Priya and Madhu seem to have it all. There is however one thing which Priya yearns for and which is missing. Her own baby. Three miscarriages and three failed IVF attempts at enormous cost have seen Priya and Madhu saddened by both the process and the result. Madhu is resigned to their childlessness and is frustrated that Priya cannot move on.
The question of surrogacy comes up and they decide upon a home in South India run by an efficient doctor with proven results. A baby is conceived and the plan set in motion.
The story then turns to the surrogate mother. Asha is a bit different to the other mothers. She went into this for the money. They have an exceptionally gifted little boy of five and a little girl. They have no home of their own and Asha and Pratap her husband see this as the only way of going forward. Asha did not expect to have contradictory feelings of guilt and love for the child, distaste and dislike for Priya and her modern ways and to feel that she has not made the right decision but is being swept forward on a tidal wave of other people's needs and wants. In her inner mind, she knows that the net result would bring happiness to another couple, bring happiness to her own small family but still Asha is not happy.

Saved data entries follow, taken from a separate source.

-- ===== src/Utils/ImageName/RoundTrip.antt =====
-- pkg/utils/utils.go: reading back the full names that the program prints.
use image_tools.Prelude.{
  ◌≡◌, refl, ◌≢◌, [], ◌∷◌, ◌++◌, append_assoc, arith, All-append, Text, codes, contains, split,
  join, non_empty, Lacks, IsPart, contains-append, split_of_Lacks, split-append, non_empty-cons,
  non_empty-split-join, append_cons-ne-nil,
}
use image_tools.Utils.ImageName.{
  slash, colon, parts, get_project_name, get_registry_name, before_colon, get_image_name,
  get_image_tag, full_name,
}

before_colon-append : (s t : Text) → Lacks colon s → before_colon (s ++ colon ∷ t) ≡ s
unfolding before_colon contains
before_colon-append s t h =
    ground (arith, contains-append s (colon ∷ t) colon, split-append s t colon h)

-- A tagged last part holds no slash and is not empty.
tagged-IsPart :
    (name tag : Text) → Lacks slash name → Lacks slash tag → IsPart slash (name ++ colon ∷ tag)
tagged-IsPart name tag hn ht =
    (append_cons-ne-nil name tag colon, All-append _ name (colon ∷ tag) hn (omega arith, ht))

parts-full_name :
    (registry project name tag : Text)
    → IsPart slash registry
    → IsPart slash project
    → Lacks slash name
    → Lacks slash tag
    → parts (full_name registry project name tag) ≡ registry ∷ project ∷ (name ++ colon ∷ tag) ∷ []
unfolding parts full_name join
parts-full_name registry project name tag hr hp hn ht =
    non_empty-split-join (registry ∷ project ∷ (name ++ colon ∷ tag) ∷ []) slash
      (hr, (hp, (tagged-IsPart name tag hn ht, tt)))

-- A full name whose registry and project are parts with no slash, whose name holds neither slash
-- nor colon and whose tag holds no slash is read back: the three functions give its registry, its
-- project and its name. The registry may hold a port.
pub get_names-full_name :
    (registry project name tag : Text)
    → IsPart slash registry
    → IsPart slash project
    → Lacks slash name
    → Lacks colon name
    → Lacks slash tag
    → (get_registry_name (full_name registry project name tag) ≡ registry)
      × (get_project_name (full_name registry project name tag) ≡ project)
      × (get_image_name (full_name registry project name tag) ≡ name)
unfolding get_registry_name get_project_name get_image_name
get_names-full_name registry project name tag hr hp hn hc ht =
    let e = parts-full_name registry project name tag hr hp hn ht in
    (rw e, rw e, rw e (before_colon-append name tag hc))

-- The front of a full name, before its tag.
full_name_front : (registry project name : Text) → Text
full_name_front registry project name = registry ++ slash ∷ (project ++ slash ∷ name)

append-front :
    (registry project name tag : Text)
    → full_name registry project name tag ≡ full_name_front registry project name ++ colon ∷ tag
unfolding full_name full_name_front
append-front registry project name tag = simp append_assoc

front-Lacks :
    (registry project name : Text)
    → Lacks colon registry
    → Lacks colon project
    → Lacks colon name
    → Lacks colon (full_name_front registry project name)
unfolding full_name_front
front-Lacks registry project name hr hp hn =
    All-append _ registry _ hr (omega arith, All-append _ project _ hp (omega arith, hn))

split-full_name :
    (registry project name tag : Text)
    → Lacks colon registry
    → Lacks colon project
    → Lacks colon name
    → Lacks colon tag
    → split (full_name registry project name tag) colon
      ≡ full_name_front registry project name ∷ tag ∷ []
split-full_name registry project name tag hr hp hn ht = rw (
  append-front registry project name tag,
  split-append (full_name_front registry project name) tag colon
      (front-Lacks registry project name hr hp hn),
  split_of_Lacks tag colon ht,
)

front-ne-nil : (registry project name : Text) → full_name_front registry project name ≢ []
unfolding full_name_front
front-ne-nil registry project name = append_cons-ne-nil registry (project ++ slash ∷ name) slash

-- When no other part holds a colon, the tag of a full name is read back.
get_image_tag-full_name :
    (registry project name tag : Text)
    → Lacks colon registry
    → Lacks colon project
    → Lacks colon name
    → IsPart colon tag
    → get_image_tag (full_name registry project name tag) ≡ tag
unfolding get_image_tag
get_image_tag-full_name registry project name tag hr hp hn (ne, ht) =
    rw
      (
        split-full_name registry project name tag hr hp hn ht,
        non_empty-cons _ (tag ∷ []) (front-ne-nil registry project name),
        non_empty-cons tag [] ne,
      )
      (unfold non_empty in refl)

-- When the registry holds a port, the tag of a full name is lost: the function answers "latest"
-- whatever the tag is.
pub get_image_tag-port :
    (host port project name tag : Text)
    → IsPart colon host
    → Lacks colon port
    → Lacks colon project
    → Lacks colon name
    → IsPart colon tag
    → get_image_tag (full_name (host ++ colon ∷ port) project name tag) ≡ codes "latest"
unfolding get_image_tag
get_image_tag-port host port project name tag (hne, hh) hport hp hn (ne, ht) =
    let e : full_name (host ++ colon ∷ port) project name tag
        ≡ host ++ colon ∷ full_name port project name tag =
      unfold full_name in simp append_assoc in
    rw
      (
        e,
        split-append host (full_name port project name tag) colon hh,
        split-full_name port project name tag hport hp hn ht,
        non_empty-cons host _ hne,
        non_empty-cons _ (tag ∷ []) (front-ne-nil port project name),
        non_empty-cons tag [] ne,
      )
      (unfold non_empty in refl)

The author Amulya brings all these contradictory strands together smoothly in a story that brings out the best of all the worlds. The problems facing both the surrogate parent as well as the sponsor parents, the fringe around them of lucrative benefits to those who can organise such things such as the clinics and doctors who benefit immensely from these transactions. At the end it is a transaction with benefits to all - but it is a need that is supplied and ultimately satisfactorily to all the parties concerned. In this instance anyway.
The story holds your interest from the beginning to the end. Characterization was brilliant and the story was an emotional as well as a balanced one.
Sent to me by Netgalley for an unbiased review courtesy of Lake Union Publishing.